# REQUIRED ACTION
I would like you to restate each record word for word.

:::

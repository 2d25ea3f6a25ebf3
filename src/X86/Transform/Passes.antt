-- ===== src/X86/Transform/Passes.antt =====
-- One round of the loop of lib/transform-dis.c on x86-64.
use mathlib.Core.Path.{◌∙◌}
use substitute.Common.{
  ℕ, ◌+◌, ◌<◌, ◌≤◌, ◌≡◌, ◌≢◌, ◌⊎◌, inl, inr, refl, arith, List, true, false, some, length,
  Bool-cases, ◌==◌, ==_ne, u64,
}
use substitute.X86.Flags.{i_bad, i_pfx}
use substitute.X86.Onebyte.{onebyte_bits}
use substitute.X86.Decode.{Opcode, X86Event, type_of, opcode_from, op_size, events}
use substitute.X86.Decode.Step.{opcode, bad_opcode}
use substitute.X86.Decode.Total.{jump_flags}
use substitute.X86.Decode.Ends.{opcode_from-Found, events-some}
use substitute.X86.Transform.{Ctx, copy_insn, on_events, here, begin_insn, finish_insn, round}
use substitute.X86.Transform.Result.{failed}
use substitute.X86.Transform.Round.{go_on, halt}
use substitute.X86.Transform.Place.{op_size_bounds}
use substitute.X86.Transform.Handlers.{Ready}
use substitute.X86.Transform.Insn.{calls-Handled, length-copy_insn, copy_insn-frame}

module _ (read : ℕ → ℕ) (bytes : (a : ℕ) → read a < 256) (pc_trampoline prefixes : ℕ) where
  -- One round fails, or goes on behind the instruction with more code.
  abbrev pub Passes : Ctx → Type 0
  Passes ctx =
      ((e : ℕ) × (round read pc_trampoline prefixes ctx ≡ halt (failed e)) × (1 ≤ e) × (e ≤ 3))
      ⊎ ((after : Ctx) × (size : ℕ) × (round read pc_trampoline prefixes ctx ≡ go_on after)
          × (0 < size)
          × (size ≤ prefixes + 17)
          × (after.pc ≡ u64 (ctx.pc + size))
          × (after.pc_patch_start ≡ ctx.pc_patch_start)
          × (after.pc_patch_end ≡ ctx.pc_patch_end)
          × (length ctx.rewritten < length after.rewritten)
          × (length after.rewritten ≤ length ctx.rewritten + size + 16))

  module _ (ctx : Ctx) where
    round-bad :
        opcode_from (here read pc_trampoline prefixes ctx) prefixes 0 4 0 ≡ some bad_opcode
        → round read pc_trampoline prefixes ctx ≡ halt (failed 2)
    unfolding round
    round-bad h = rw (h, round) refl

    round-decoded :
        (o : Opcode) (calls : List X86Event)
        → opcode_from (here read pc_trampoline prefixes ctx) prefixes 0 4 0 ≡ some (opcode o)
        → events (here read pc_trampoline prefixes ctx) ctx.pc o ≡ some calls
        → round read pc_trampoline prefixes ctx
          ≡ finish_insn read pc_trampoline prefixes ctx o (
              on_events
                (begin_insn read pc_trampoline prefixes ctx
                  (op_size (here read pc_trampoline prefixes ctx) o))
                calls)
    unfolding round
    round-decoded o calls h e = rw (h, round, e) refl

    finish_insn-failed :
        (o : Opcode) (seen : Ctx)
        → (seen.err == 0) ≡ false
        → finish_insn read pc_trampoline prefixes ctx o seen ≡ halt (failed seen.err)
    unfolding finish_insn
    finish_insn-failed o seen h = rw (h, finish_insn) refl

    abbrev passed : Opcode → Ctx → Ctx
    passed o seen =
        let copied = copy_insn (here read pc_trampoline prefixes ctx) o seen in
        record copied { pc = u64 (copied.pc + copied.insn_size) }

    finish_insn-passed :
        (o : Opcode) (seen : Ctx)
        → (seen.err == 0) ≡ true
        → finish_insn read pc_trampoline prefixes ctx o seen ≡ go_on (passed o seen)
    unfolding finish_insn
    finish_insn-passed o seen h = rw (h, finish_insn) refl

    begin_insn-Ready :
        (o : Opcode)
        → Ready (here read pc_trampoline prefixes ctx) o (
            begin_insn read pc_trampoline prefixes ctx
              (op_size (here read pc_trampoline prefixes ctx) o))
    unfolding begin_insn
    begin_insn-Ready o = record {
      no_error = omega arith;
      of_size = refl;
      unmodified = refl;
      place = refl;
    }

    -- From the opcode on.
    decoded-Passes :
        (o : Opcode)
        → opcode_from (here read pc_trampoline prefixes ctx) prefixes 0 4 0 ≡ some (opcode o)
        → jump_flags o.bits ≡ true
        → (o.bits == i_bad) ≡ false
        → 0 < o.off
        → o.off ≤ prefixes + 3
        → o.opnd_size ≤ 8
        → Passes ctx
    unfolding begin_insn
    decoded-Passes o found flags good lo hi sized =
        let code = here read pc_trampoline prefixes ctx in
        let (calls, e) = events-some code (λ a. bytes _) ctx.pc o flags good in
        let entered = begin_insn read pc_trampoline prefixes ctx (op_size code o) in
        let seen = on_events entered calls in
        let k =
          calls-Handled code (λ a. bytes _) o ctx.pc entered calls (begin_insn-Ready o) lo flags
            good e in
        let decoded = round-decoded o calls found e in
        elim (Bool-cases (seen.err == 0)) [
          | inr wrong ↦
              inl (seen.err, decoded ∙ finish_insn-failed o seen wrong, ground arith, k.error)
          | inl right ↦
              let (size_lo, size_hi) = op_size_bounds code o sized in
              let (same_pc, same_start, same_stop, same_size) =
                copy_insn-frame code (λ a. bytes _) o seen in
              let (more, less) =
                length-copy_insn code (λ a. bytes _) o entered seen k refl (omega arith) in
              inr (
                passed o seen,
                op_size code o,
                decoded ∙ finish_insn-passed o seen right,
                omega arith,
                omega arith,
                rw (same_pc, same_size, k.at_pc, k.sized) refl,
                same_start ∙ k.start,
                same_stop ∙ k.stop,
                more,
                less,
              )
        ]

    pub round-Passes :
        (n : ℕ)
        → n < prefixes
        → type_of (onebyte_bits (here read pc_trampoline prefixes ctx n)) ≢ i_pfx
        → Passes ctx
    round-Passes n small ne =
        let code = here read pc_trampoline prefixes ctx in
        let at : 0 + n ≡ n = omega arith in
        elim (opcode_from-Found code (λ a. bytes _) prefixes 0 4 0 n (omega arith) small
          (rw at (==_ne _ _ ne))) [
            | inl wrong ↦ inl (2, round-bad wrong, omega arith, omega arith)
            | inr (o, found, flags, good, lo, hi, sized) ↦
                decoded-Passes o found flags good lo (omega arith) sized
          ]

:::

# TASK RESPONSE
repository 2d25ea3f6a25ebf3
filename src/X86/Transform/Passes.antt
-- ===== src/X86/Transform/Passes.antt =====
-- One round of the loop of lib/transform-dis.c on x86-64.
use mathlib.Core.Path.{◌∙◌}
use substitute.Common.{
  ℕ, ◌+◌, ◌<◌, ◌≤◌, ◌≡◌, ◌≢◌, ◌⊎◌, inl, inr, refl, arith, List, true, false, some, length,
  Bool-cases, ◌==◌, ==_ne, u64,
}
use substitute.X86.Flags.{i_bad, i_pfx}
use substitute.X86.Onebyte.{onebyte_bits}
use substitute.X86.Decode.{Opcode, X86Event, type_of, opcode_from, op_size, events}
use substitute.X86.Decode.Step.{opcode, bad_opcode}
use substitute.X86.Decode.Total.{jump_flags}
use substitute.X86.Decode.Ends.{opcode_from-Found, events-some}
use substitute.X86.Transform.{Ctx, copy_insn, on_events, here, begin_insn, finish_insn, round}
use substitute.X86.Transform.Result.{failed}
use substitute.X86.Transform.Round.{go_on, halt}
use substitute.X86.Transform.Place.{op_size_bounds}
use substitute.X86.Transform.Handlers.{Ready}
use substitute.X86.Transform.Insn.{calls-Handled, length-copy_insn, copy_insn-frame}

module _ (read : ℕ → ℕ) (bytes : (a : ℕ) → read a < 256) (pc_trampoline prefixes : ℕ) where
  -- One round fails, or goes on behind the instruction with more code.
  abbrev pub Passes : Ctx → Type 0
  Passes ctx =
      ((e : ℕ) × (round read pc_trampoline prefixes ctx ≡ halt (failed e)) × (1 ≤ e) × (e ≤ 3))
      ⊎ ((after : Ctx) × (size : ℕ) × (round read pc_trampoline prefixes ctx ≡ go_on after)
          × (0 < size)
          × (size ≤ prefixes + 17)
          × (after.pc ≡ u64 (ctx.pc + size))
          × (after.pc_patch_start ≡ ctx.pc_patch_start)
          × (after.pc_patch_end ≡ ctx.pc_patch_end)
          × (length ctx.rewritten < length after.rewritten)
          × (length after.rewritten ≤ length ctx.rewritten + size + 16))

  module _ (ctx : Ctx) where
    round-bad :
        opcode_from (here read pc_trampoline prefixes ctx) prefixes 0 4 0 ≡ some bad_opcode
        → round read pc_trampoline prefixes ctx ≡ halt (failed 2)
    unfolding round
    round-bad h = rw (h, round) refl

    round-decoded :
        (o : Opcode) (calls : List X86Event)
        → opcode_from (here read pc_trampoline prefixes ctx) prefixes 0 4 0 ≡ some (opcode o)
        → events (here read pc_trampoline prefixes ctx) ctx.pc o ≡ some calls
        → round read pc_trampoline prefixes ctx
          ≡ finish_insn read pc_trampoline prefixes ctx o (
              on_events
                (begin_insn read pc_trampoline prefixes ctx
                  (op_size (here read pc_trampoline prefixes ctx) o))
                calls)
    unfolding round
    round-decoded o calls h e = rw (h, round, e) refl

    finish_insn-failed :
        (o : Opcode) (seen : Ctx)
        → (seen.err == 0) ≡ false
        → finish_insn read pc_trampoline prefixes ctx o seen ≡ halt (failed seen.err)
    unfolding finish_insn
    finish_insn-failed o seen h = rw (h, finish_insn) refl

    abbrev passed : Opcode → Ctx → Ctx
    passed o seen =
        let copied = copy_insn (here read pc_trampoline prefixes ctx) o seen in
        record copied { pc = u64 (copied.pc + copied.insn_size) }

    finish_insn-passed :
        (o : Opcode) (seen : Ctx)
        → (seen.err == 0) ≡ true
        → finish_insn read pc_trampoline prefixes ctx o seen ≡ go_on (passed o seen)
    unfolding finish_insn
    finish_insn-passed o seen h = rw (h, finish_insn) refl

    begin_insn-Ready :
        (o : Opcode)
        → Ready (here read pc_trampoline prefixes ctx) o (
            begin_insn read pc_trampoline prefixes ctx
              (op_size (here read pc_trampoline prefixes ctx) o))
    unfolding begin_insn
    begin_insn-Ready o = record {
      no_error = omega arith;
      of_size = refl;
      unmodified = refl;
      place = refl;
    }

    -- From the opcode on.
    decoded-Passes :
        (o : Opcode)
        → opcode_from (here read pc_trampoline prefixes ctx) prefixes 0 4 0 ≡ some (opcode o)
        → jump_flags o.bits ≡ true
        → (o.bits == i_bad) ≡ false
        → 0 < o.off
        → o.off ≤ prefixes + 3
        → o.opnd_size ≤ 8
        → Passes ctx
    unfolding begin_insn
    decoded-Passes o found flags good lo hi sized =
        let code = here read pc_trampoline prefixes ctx in
        let (calls, e) = events-some code (λ a. bytes _) ctx.pc o flags good in
        let entered = begin_insn read pc_trampoline prefixes ctx (op_size code o) in
        let seen = on_events entered calls in
        let k =
          calls-Handled code (λ a. bytes _) o ctx.pc entered calls (begin_insn-Ready o) lo flags
            good e in
        let decoded = round-decoded o calls found e in
        elim (Bool-cases (seen.err == 0)) [
          | inr wrong ↦
              inl (seen.err, decoded ∙ finish_insn-failed o seen wrong, ground arith, k.error)
          | inl right ↦
              let (size_lo, size_hi) = op_size_bounds code o sized in
              let (same_pc, same_start, same_stop, same_size) =
                copy_insn-frame code (λ a. bytes _) o seen in
              let (more, less) =
                length-copy_insn code (λ a. bytes _) o entered seen k refl (omega arith) in
              inr (
                passed o seen,
                op_size code o,
                decoded ∙ finish_insn-passed o seen right,
                omega arith,
                omega arith,
                rw (same_pc, same_size, k.at_pc, k.sized) refl,
                same_start ∙ k.start,
                same_stop ∙ k.stop,
                more,
                less,
              )
        ]

    pub round-Passes :
        (n : ℕ)
        → n < prefixes
        → type_of (onebyte_bits (here read pc_trampoline prefixes ctx n)) ≢ i_pfx
        → Passes ctx
    round-Passes n small ne =
        let code = here read pc_trampoline prefixes ctx in
        let at : 0 + n ≡ n = omega arith in
        elim (opcode_from-Found code (λ a. bytes _) prefixes 0 4 0 n (omega arith) small
          (rw at (==_ne _ _ ne))) [
            | inl wrong ↦ inl (2, round-bad wrong, omega arith, omega arith)
            | inr (o, found, flags, good, lo, hi, sized) ↦
                decoded-Passes o found flags good lo (omega arith) sized
          ]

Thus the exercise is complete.